Orientation columns in the mouse superior colliculus

Abstract

More than twenty types of retinal ganglion cells conduct visual information from the eye to the rest of the brain. Each retinal ganglion cell type tessellates the retina in a regular mosaic, so that every point in visual space is processed for visual primitives such as contrast and motion. This information flows to two principal brain centres: the visual cortex and the superior colliculus. The superior colliculus plays an evolutionarily conserved role in visual behaviours, but its functional architecture is poorly understood. Here we report on population recordings of visual responses from neurons in the mouse superior colliculus. Many neurons respond preferentially to lines of a certain orientation or movement axis. We show that cells with similar orientation preferences form large patches that span the vertical thickness of the retinorecipient layers. This organization is strikingly different from the randomly interspersed orientation preferences in the mouse's visual cortex; instead, it resembles the orientation columns observed in the visual cortices of large mammals. Notably, adjacent superior colliculus orientation columns have only limited receptive field overlap. This is in contrast to the organization of visual cortex, where each point in the visual field activates neurons with all preferred orientations.
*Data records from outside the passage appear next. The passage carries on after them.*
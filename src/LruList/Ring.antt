-- ===== src/LruList/Ring.antt =====
-- Rings of linked nodes, with no heap: two functions `next` and `prev`, and the list of the nodes
-- between two ends. The pointer surgery of lru_list.go is two updates of each function.
use wb_l.Base.{
  ◌≡◌, refl, ◌≢◌, Bool, true, false, ◌||◌, List, [], ◌∷◌, ◌++◌, arith, ◌==◌, if◌then◌else◌,
  Bool-cases, inl, inr,
}
use wb_l.LruList.{Ptr, nil, update}

abbrev pub has : Ptr → List Ptr → Bool
has p [] = false
has p (x ∷ xs) = p == x || has p xs

abbrev pub Distinct : List Ptr → Type 0
Distinct [] = Unit
Distinct (x ∷ xs) = (has x xs ≡ false) × Distinct xs

abbrev pub Link : (next prev : Ptr → Ptr) → Ptr → Ptr → Type 0
Link next prev a b = (next a ≡ b) × (prev b ≡ a)

-- From `a` through exactly the nodes `xs` to `b`, linked both ways.
abbrev pub Seg : (next prev : Ptr → Ptr) → Ptr → List Ptr → Ptr → Type 0
Seg next prev a [] b = Link next prev a b
Seg next prev a (x ∷ xs) b = Link next prev a x × Seg next prev x xs b

-- The abstract effect of the two operations on the nodes behind `a`.
unfoldable pub insert_behind : (node here a : Ptr) → List Ptr → List Ptr
insert_behind node here a [] = node ∷ []
insert_behind node here a (x ∷ xs) =
    if here == a then node ∷ x ∷ xs else x ∷ insert_behind node here x xs

unfoldable pub erase : Ptr → List Ptr → List Ptr
erase p [] = []
erase p (x ∷ xs) = if p == x then xs else x ∷ erase p xs

pub has-append : (p : Ptr) (xs ys : List Ptr) → has p (xs ++ ys) ≡ (has p xs || has p ys)
has-append p [] ys = refl
has-append p (x ∷ xs) ys = ground (arith, has-append p xs ys)

module _ (next prev : Ptr → Ptr) where
  -- A segment reads `next` at its nodes but the last end, and `prev` at all but the first.
  pub Seg-frame :
      (next' prev' : Ptr → Ptr) (a : Ptr) (xs : List Ptr) (b : Ptr)
      → ((p : Ptr) → has p (a ∷ xs) ≡ true → next' p ≡ next p)
      → ((p : Ptr) → has p (xs ++ b ∷ []) ≡ true → prev' p ≡ prev p)
      → Seg next prev a xs b
      → Seg next' prev' a xs b
  Seg-frame next' prev' a [] b n p s = ground (arith, n a, p b)
  Seg-frame next' prev' a (x ∷ xs) b n p s =
      let rest =
        Seg-frame next' prev' x xs b (λ q i. n q (ground arith)) (λ q i. p q (ground arith)) s.1 in
      (ground (arith, n a, p x), rest)

  -- The successor of a node of the segment is a node behind `a`, and the predecessor one before `b`.
  pub has-next :
      (p a : Ptr) (xs : List Ptr) (b : Ptr)
      → Seg next prev a xs b
      → has p (a ∷ xs) ≡ true
      → has (next p) (xs ++ b ∷ []) ≡ true
  has-next p a [] b s i = ground arith
  has-next p a (x ∷ xs) b s i = ground (arith, has-next p x xs b s.1)

  pub has-prev :
      (p a : Ptr) (xs : List Ptr) (b : Ptr)
      → Seg next prev a xs b
      → has p (xs ++ b ∷ []) ≡ true
      → has (prev p) (a ∷ xs) ≡ true
  has-prev p a [] b s i = ground arith
  has-prev p a (x ∷ xs) b s i = ground (arith, has-prev p x xs b s.1)

  -- The stores of `insert`, in their order.
  abbrev pub next_inserted : (node here : Ptr) → Ptr → Ptr
  next_inserted node here = update (update next here node) node (next here)

  abbrev pub prev_inserted : (node here : Ptr) → Ptr → Ptr
  prev_inserted node here = update (update prev node here) (next here) node

  module _ (node here : Ptr) where
    insert_first-Seg :
        (a : Ptr) (xs : List Ptr) (b : Ptr)
        → Seg next prev a xs b
        → Distinct (a ∷ xs)
        → has b xs ≡ false
        → has node (a ∷ xs) ≡ false
        → node ≢ b
        → here ≡ a
        → Seg (next_inserted node here) (prev_inserted node here) a (node ∷ xs) b
    insert_first-Seg a [] b s d out new apart e = ground arith
    insert_first-Seg a (x ∷ xs) b s d out new apart e =
        let rest =
          Seg-frame (next_inserted node here) (prev_inserted node here) x xs b (λ q i. ground arith)
            (λ q i. ground (arith, has-append q xs (b ∷ []), has-append x xs (b ∷ []))) s.1 in
        (ground arith, (ground arith, rest))

    pub insert-Seg :
        (a : Ptr) (xs : List Ptr) (b : Ptr)
        → Seg next prev a xs b
        → Distinct (a ∷ xs)
        → has b xs ≡ false
        → has node (a ∷ xs) ≡ false
        → node ≢ b
        → has here (a ∷ xs) ≡ true
        → Seg (next_inserted node here) (prev_inserted node here) a (insert_behind node here a xs) b
    unfolding insert_behind
    insert-Seg a [] b s d out new apart i = insert_first-Seg a [] b s d out new apart (ground arith)
    insert-Seg a (x ∷ xs) b s d out new apart i = elim (Bool-cases (here == a)) [
      | inl e ↦ rw e (insert_first-Seg a (x ∷ xs) b s d out new apart (ground arith))
      | inr e ↦ rw e (
        ground (arith, has-next here x xs b s.1, has-append x xs (b ∷ [])),
        insert-Seg x xs b s.1 d.1 (ground arith) (ground arith) apart (ground arith),
      )
    ]

  -- The stores of `Remove`: the neighbours are joined, and the node is cleared.
  abbrev pub next_removed : Ptr → Ptr → Ptr
  next_removed here = update (update next (prev here) (next here)) here nil

  abbrev pub prev_removed : Ptr → Ptr → Ptr
  prev_removed here = update (update prev (next here) (prev here)) here nil

  module _ (here : Ptr) where
    remove_first-Seg :
        (a : Ptr) (xs : List Ptr) (b : Ptr)
        → Seg next prev a (here ∷ xs) b
        → Distinct (a ∷ here ∷ xs)
        → has b (here ∷ xs) ≡ false
        → Seg (next_removed here) (prev_removed here) a xs b
    remove_first-Seg a [] b s d out = ground arith
    remove_first-Seg a (x ∷ xs) b s d out =
        let rest =
          Seg-frame (next_removed here) (prev_removed here) x xs b (λ q i. ground arith)
            (λ q i. ground (arith, has-append q xs (b ∷ []), has-append x xs (b ∷ []))) s.1.1 in
        (ground arith, rest)

    pub remove-Seg :
        (a : Ptr) (xs : List Ptr) (b : Ptr)
        → Seg next prev a xs b
        → Distinct (a ∷ xs)
        → has b xs ≡ false
        → has here xs ≡ true
        → Seg (next_removed here) (prev_removed here) a (erase here xs) b
    unfolding erase
    remove-Seg a [] b s d out i = cc
    remove-Seg a (x ∷ xs) b s d out i = elim (Bool-cases (here == x)) [
      | inl e ↦
          let same : x ≡ here = ground arith in
          rw e (remove_first-Seg a xs b (rw same at s) (rw same at d) (rw same at out))
      | inr e ↦ rw e (
        ground (
          arith,
          has-next here x xs b s.1,
          has-prev here x xs b s.1,
          has-append x xs (b ∷ []),
          has-append here xs (b ∷ []),
        ),
        remove-Seg x xs b s.1 d.1 (ground arith) (ground arith),
      )
    ]
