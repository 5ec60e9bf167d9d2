-- ===== src/LruList/Nodes.antt =====
-- The lists of nodes that the ring operations produce: membership, distinctness and length.
use mathlib.Core.Bool.{not, ◌&&◌}
use wb_l.Base.{not, ◌&&◌, suc, ◌≡◌, refl, true, false, ◌||◌, [], ◌∷◌, ◌++◌, List, arith, ◌==◌}
use wb_l.Base.Lists.{length}
use wb_l.LruList.{Ptr}
use wb_l.LruList.Ring.{has, Distinct, Seg, insert_behind, erase, has-append, has-prev}

module _ (node here : Ptr) where
  pub has-insert_behind :
      (q a : Ptr) (xs : List Ptr) → has q (insert_behind node here a xs) ≡ (q == node || has q xs)
  unfolding insert_behind
  has-insert_behind q a [] = refl
  has-insert_behind q a (x ∷ xs) = ground (arith, has-insert_behind q x xs)

  pub insert_behind-Distinct :
      (a : Ptr) (xs : List Ptr)
      → Distinct (a ∷ xs)
      → has node (a ∷ xs) ≡ false
      → Distinct (a ∷ insert_behind node here a xs)
  unfolding insert_behind
  insert_behind-Distinct a [] d new = ground arith
  insert_behind-Distinct a (x ∷ xs) d new =
      ground (arith, insert_behind-Distinct x xs, has-insert_behind a x xs)

  pub length-insert_behind :
      (a : Ptr) (xs : List Ptr) → length (insert_behind node here a xs) ≡ suc (length xs)
  unfolding insert_behind
  length-insert_behind a [] = refl
  length-insert_behind a (x ∷ xs) = ground (arith, length-insert_behind x xs)

module _ (p : Ptr) where
  pub has-erase :
      (q : Ptr) (xs : List Ptr) → Distinct xs → has q (erase p xs) ≡ (has q xs && not (q == p))
  unfolding erase
  has-erase q [] d = refl
  has-erase q (x ∷ xs) d = ground (arith, has-erase q xs)

  pub erase-Distinct : (xs : List Ptr) → Distinct xs → Distinct (erase p xs)
  unfolding erase
  erase-Distinct [] d = tt
  erase-Distinct (x ∷ xs) d = ground (arith, erase-Distinct xs, has-erase x xs)

  pub length-erase : (xs : List Ptr) → has p xs ≡ true → suc (length (erase p xs)) ≡ length xs
  unfolding erase
  length-erase [] i = ground arith
  length-erase (x ∷ xs) i = ground (arith, length-erase xs)

  pub erase_last : (xs : List Ptr) → has p xs ≡ false → erase p (xs ++ p ∷ []) ≡ xs
  unfolding erase
  erase_last [] out = ground arith
  erase_last (x ∷ xs) out = ground (arith, erase_last xs)

pub insert_behind_self : (node a : Ptr) (xs : List Ptr) → insert_behind node a a xs ≡ node ∷ xs
unfolding insert_behind
insert_behind_self node a [] = refl
insert_behind_self node a (x ∷ xs) = ground arith

-- Behind the predecessor of the end is the last place.
pub insert_behind_last :
    (next prev : Ptr → Ptr) (node a : Ptr) (xs : List Ptr) (b : Ptr)
    → Seg next prev a xs b
    → Distinct (a ∷ xs)
    → insert_behind node (prev b) a xs ≡ xs ++ node ∷ []
unfolding insert_behind
insert_behind_last next prev node a [] b s d = refl
insert_behind_last next prev node a (x ∷ xs) b s d = ground (
  arith,
  insert_behind_last next prev node x xs b,
  has-prev next prev b x xs b,
  has-append b xs (b ∷ []),
)

-- The predecessor of the end is the last node.
pub prev_last :
    (next prev : Ptr → Ptr) (a p b : Ptr) (xs : List Ptr)
    → Seg next prev a (xs ++ p ∷ []) b
    → prev b ≡ p
prev_last next prev a p b [] s = s.1.1
prev_last next prev a p b (x ∷ xs) s = prev_last next prev x p b xs s.1

pub Distinct-last : (p : Ptr) (xs : List Ptr) → Distinct (xs ++ p ∷ []) → has p xs ≡ false
Distinct-last p [] d = refl
Distinct-last p (x ∷ xs) d = ground (arith, Distinct-last p xs, has-append x xs (p ∷ []))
Instead, the superior colliculus favours specific contour orientations within ~30° regions of the visual field, a finding with implications for behavioural responses mediated by this brain centre.

Additional Information

©2014 Macmillan Publishers Limited. Received 06 August 2014. Accepted 24 November 2014. Published online 17 December 2014. We thank E. Soucy and J. Greenwood for assistance with instrumentation; M. Joesch, A. Krishnaswamy, D. Kostadinov, S. Pashkovski, A. Giessel, T. Dunn, G. Keller, P. Kaifosh, M. Amoroso, and H. Asari for software; M. Andermann, V. Bonin, and F. Engert for advice on microscope design; J. Cohen for headplate designs; D. Anderson, K. Blum, B. Ölveckzy, and J. Sanes for critical reading of the manuscript; and J. Sanes for providing laboratory space and support to E.H.F. E.H.F. was supported by NIH T32 NS007484 and a Howard Hughes Medical Institute-Helen Hay Whitney Foundation fellowship. Additional support was provided by an NIH grant to M.M.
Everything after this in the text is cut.